__Task objective__
Reproduce exactly the lines below from the one containing "lost b k k' = ground arith" through the one containing "unfolding launches", including both, and nothing else.

__Supplied data__
══════════════════════════════

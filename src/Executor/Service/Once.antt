-- ===== src/Executor/Service/Once.antt =====
-- How often an execution id is launched.
use inryeok_bot.Prelude.{
  ltb, ℕ, ◌+◌, ◌≤◌, String, Bool, true, false, ◌&&◌, ◌||◌, not, Option, none, some, List, [], ◌∷◌,
  ◌≡◌, refl, inl, inr, str_eq, eq_iff, Bool-cases, is_present, and-eq-true, All, All-update_where,
  update_where, arith,
}
use inryeok_bot.Executor.{Answer, answered, refused, raised, Request}
use inryeok_bot.Executor.Run.{Attempt, run_review}
use inryeok_bot.Executor.Records.{
  ExecutionRecord, RecordFile, find_file, has_file, recorded_answer, is_file_of, Reading, readable,
  unreadable, hidden, read_file, dedupe, WriteOutcome, write_execution_record,
}
use inryeok_bot.Executor.Records.Kept.{write-All, OfSome, OfSome-first_where}
use inryeok_bot.Executor.Service.{
  Execution, Service, empty_service, Setting, running_record, answer_record, settle,
  request_fingerprint, review, Event, arrives, ends, restarts, damaged, end_execution, step,
  launches,
}
use inryeok_bot.Executor.Service.Files.{review-files, settle-files}
use inryeok_bot.Executor.Service.Traces.{
  one_if, is_hidden, is_blind, loses, launch_count, loss_count,
}
use inryeok_bot.Executor.Service.Guards.{absent, review-Started}

-- A record that answers an identical request, and a file that holds one if it can be read.
abbrev pub IsComplete : Option ExecutionRecord → Type 0
IsComplete none = Unit
IsComplete (some r) = is_present (recorded_answer r.state r) ≡ true

abbrev pub IsCompleteFile : RecordFile → Type 0
IsCompleteFile f = IsComplete f.stored

abbrev pub AllComplete : Service → Type 0
AllComplete s = All IsCompleteFile s.files

-- A write of a complete record keeps every record complete.
write-Complete :
    (w : WriteOutcome) (now : ℕ) (r : ExecutionRecord) (files : List RecordFile)
    → is_present (recorded_answer r.state r) ≡ true
    → All IsCompleteFile files
    → All IsCompleteFile (write_execution_record w now r files)
write-Complete w now r files h all = write-All IsCompleteFile w now r files h all

answer_record-IsComplete :
    (x : Execution) (answer : Answer) (count : Option ℕ) → IsComplete (answer_record x answer count)
unfolding answer_record recorded_answer
answer_record-IsComplete x (answered result) count = refl
answer_record-IsComplete x (refused status content) count = elim (Bool-cases (ltb status 500)) [
  | inl e ↦ rw (e, answer_record, recorded_answer) refl
  | inr e ↦ rw (e, answer_record, recorded_answer) refl
]
answer_record-IsComplete x (raised status) count = tt

pub settle-AllComplete :
    (w : WriteOutcome) (now : ℕ) (correlation : String) (attempt : Attempt) (x : Execution)
    (s : Service)
    → AllComplete s
    → AllComplete (settle w now correlation attempt x s).0
settle-AllComplete w now correlation attempt x s h =
    let ran = run_review correlation attempt in
    elim (settle-files w now correlation attempt x s) [
      | inl e ↦ rw e h
      | inr (r, c, e) ↦
          rw e (write-Complete w now r s.files (rw c at (answer_record-IsComplete x ran.0 ran.1)) h)
    ]

module _ (sha256 : List String → String) (decimal : ℕ → String) where
  end_execution-AllComplete :
      (w : WriteOutcome) (now : ℕ) (correlation : String) (attempt : Attempt) (s : Service)
      (o : Option Execution)
      → AllComplete s
      → AllComplete (end_execution sha256 decimal w now correlation attempt o s)
  unfolding end_execution
  end_execution-AllComplete w now correlation attempt s none h = h
  end_execution-AllComplete w now correlation attempt s (some x) h =
      settle-AllComplete w now correlation attempt x s h

  damaged_files :
      (id : String) (files : List RecordFile)
      → All IsCompleteFile files
      → All IsCompleteFile (update_where (is_file_of id) (λ f. record f { stored = none }) files)
  damaged_files id files h =
      All-update_where IsCompleteFile IsCompleteFile (is_file_of id)
        (λ f. record f { stored = none }) files
        (λ f k. elim (Bool-cases (is_file_of id f)) [ inl e ↦ rw e tt | inr e ↦ rw e k ]) h

  -- Every step keeps every record complete.
  pub step-AllComplete :
      (e : Event sha256 decimal) (s : Service)
      → AllComplete s
      → AllComplete (step sha256 decimal e s)
  unfolding step running_record recorded_answer
  step-AllComplete (arrives e r) s h = elim (review-files sha256 decimal e r s) [
    | inl q ↦ rw q h
    | inr (d, q) ↦ rw q (
        write-Complete e.write e.now
          (running_record r.execution_id (request_fingerprint sha256 decimal e.schema r)) s.files
          refl h)
  ]
  step-AllComplete (ends w now correlation attempt) s h =
      end_execution-AllComplete w now correlation attempt s s.holder h
  step-AllComplete restarts s h = h
  step-AllComplete (damaged id) s h = damaged_files id s.files h

  not-eq-true : {b : Bool} → not b ≡ true → b ≡ false
  not-eq-true {b} h = ground arith

  answers_none : (o : Option Answer) → is_present o ≡ true → o ≡ none → ⊥
  answers_none none p d = cc
  answers_none (some a) p d = cc

  -- A complete record, or one that cannot be read, always gives an answer.
  dedupe_answers :
      (hash : String) (o : Option ExecutionRecord)
      → IsComplete o
      → is_present (dedupe hash (some o)) ≡ true
  unfolding dedupe
  dedupe_answers hash none h = refl
  dedupe_answers hash (some r) h = elim (Bool-cases (str_eq r.request_fingerprint hash)) [
    | inl e ↦ rw (e, dedupe) h
    | inr e ↦ rw (e, dedupe) refl
  ]

  -- A request that sees a file of its id gets an answer.
  pub nothing_seen :
      (hash : String) (reading : Reading) (o : Option RecordFile)
      → OfSome IsCompleteFile o
      → dedupe hash (read_file reading o) ≡ none
      → is_present o ≡ true
      → is_hidden reading ≡ true
  unfolding read_file
  nothing_seen hash reading none h d p = cc
  nothing_seen hash readable (some f) h d p =
      absurd (answers_none (dedupe hash (some f.stored)) (dedupe_answers hash f.stored h) d)
  nothing_seen hash unreadable (some f) h d p =
      absurd (answers_none (dedupe hash (some none)) (dedupe_answers hash none tt) d)
  nothing_seen hash hidden (some f) h d p = refl

  lost : (b k k' : Bool) → one_if k ≤ one_if k' + one_if (b || k && not k')
  lost b k k' = ground arith

  launched :
      (b k k' : Bool)
      → k' ≡ true
      → (k ≡ true → b ≡ true)
      → 1 + one_if k ≤ one_if k' + one_if (b || k && not k')
  launched b true true h f = rw (f refl) omega arith
  launched b false true h f = omega arith
  launched b k false h f = cc

  arrives-balance :
      (e : Setting) (r : Request) (s : Service)
      → AllComplete s
      → (review sha256 decimal e r s).1 ≡ none
      → 1 + one_if (has_file r.execution_id s.files)
        ≤ one_if (has_file r.execution_id (step sha256 decimal (arrives e r) s).files)
          + one_if (loses sha256 decimal r.execution_id (arrives e r) s)
  unfolding step
  arrives-balance e r s h n =
      let st = (review-Started sha256 decimal e r s n).1 in
      let hash = request_fingerprint sha256 decimal e.schema r in
      let file = find_file r.execution_id s.files in
      launched (is_hidden e.reading) (has_file r.execution_id s.files)
        (has_file r.execution_id (review sha256 decimal e r s).0.files) st.recorded
        (nothing_seen hash e.reading file
          (OfSome-first_where IsCompleteFile (is_file_of r.execution_id) s.files h)
          st.nothing_recorded)

  -- What a step launches is paid by the record that it leaves, or by a loss.
  step-balance :
      (id : String) (e : Event sha256 decimal) (s : Service)
      → AllComplete s
      → (b : Bool) → launches sha256 decimal id e s ≡ b
      → one_if b + one_if (has_file id s.files)
        ≤ one_if (has_file id (step sha256 decimal e s).files)
          + one_if (loses sha256 decimal id e s)
  unfolding launches
  step-balance id e s h false l = omega (
    arith,
    lost (is_blind sha256 decimal e) (has_file id s.files)
        (has_file id (step sha256 decimal e s).files),
  )
  step-balance id (arrives e r) s h true l =
      let (same, n) =
        and-eq-true (str_eq r.execution_id id) (not (is_present (review sha256 decimal e r s).1))
          l in
      let q = (eq_iff r.execution_id id).0 same in
      rw (← q) (arrives-balance e r s h (absent (review sha256 decimal e r s).1 (not-eq-true n)))
  step-balance id (ends w now correlation attempt) s h true l = cc
  step-balance id restarts s h true l = cc
  step-balance id (damaged other) s h true l = cc

  run-balance :
      (id : String) (es : List (Event sha256 decimal)) (s : Service)
      → AllComplete s
      → launch_count sha256 decimal id es s + one_if (has_file id s.files)
        ≤ 1 + loss_count sha256 decimal id es s
  run-balance id [] s h = ground arith
  run-balance id (e ∷ es) s h = omega (
    arith,
    step-balance id e s h (launches sha256 decimal id e s) refl,
    run-balance id es (step sha256 decimal e s) (step-AllComplete e s h),
  )

  -- From an empty state directory, whatever requests, completions, write failures, restarts and
  -- damage follow in whatever order, an execution id starts at most one process, and at most one
  -- more for each event that loses its record or cannot see the state directory at all.
  pub launched_at_most_once :
      (id : String) (es : List (Event sha256 decimal))
      → launch_count sha256 decimal id es empty_service
        ≤ 1 + loss_count sha256 decimal id es empty_service
  launched_at_most_once id es = omega (arith, run-balance id es empty_service tt)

══════════════════════════════

__Solution to the exercise__
  lost b k k' = ground arith

  launched :
      (b k k' : Bool)
      → k' ≡ true
      → (k ≡ true → b ≡ true)
      → 1 + one_if k ≤ one_if k' + one_if (b || k && not k')
  launched b true true h f = rw (f refl) omega arith
  launched b false true h f = omega arith
  launched b k false h f = cc

  arrives-balance :
      (e : Setting) (r : Request) (s : Service)
      → AllComplete s
      → (review sha256 decimal e r s).1 ≡ none
      → 1 + one_if (has_file r.execution_id s.files)
        ≤ one_if (has_file r.execution_id (step sha256 decimal (arrives e r) s).files)
          + one_if (loses sha256 decimal r.execution_id (arrives e r) s)
  unfolding step
  arrives-balance e r s h n =
      let st = (review-Started sha256 decimal e r s n).1 in
      let hash = request_fingerprint sha256 decimal e.schema r in
      let file = find_file r.execution_id s.files in
      launched (is_hidden e.reading) (has_file r.execution_id s.files)
        (has_file r.execution_id (review sha256 decimal e r s).0.files) st.recorded
        (nothing_seen hash e.reading file
          (OfSome-first_where IsCompleteFile (is_file_of r.execution_id) s.files h)
          st.nothing_recorded)

  -- What a step launches is paid by the record that it leaves, or by a loss.
  step-balance :
      (id : String) (e : Event sha256 decimal) (s : Service)
      → AllComplete s
      → (b : Bool) → launches sha256 decimal id e s ≡ b
      → one_if b + one_if (has_file id s.files)
        ≤ one_if (has_file id (step sha256 decimal e s).files)
          + one_if (loses sha256 decimal id e s)
  unfolding launches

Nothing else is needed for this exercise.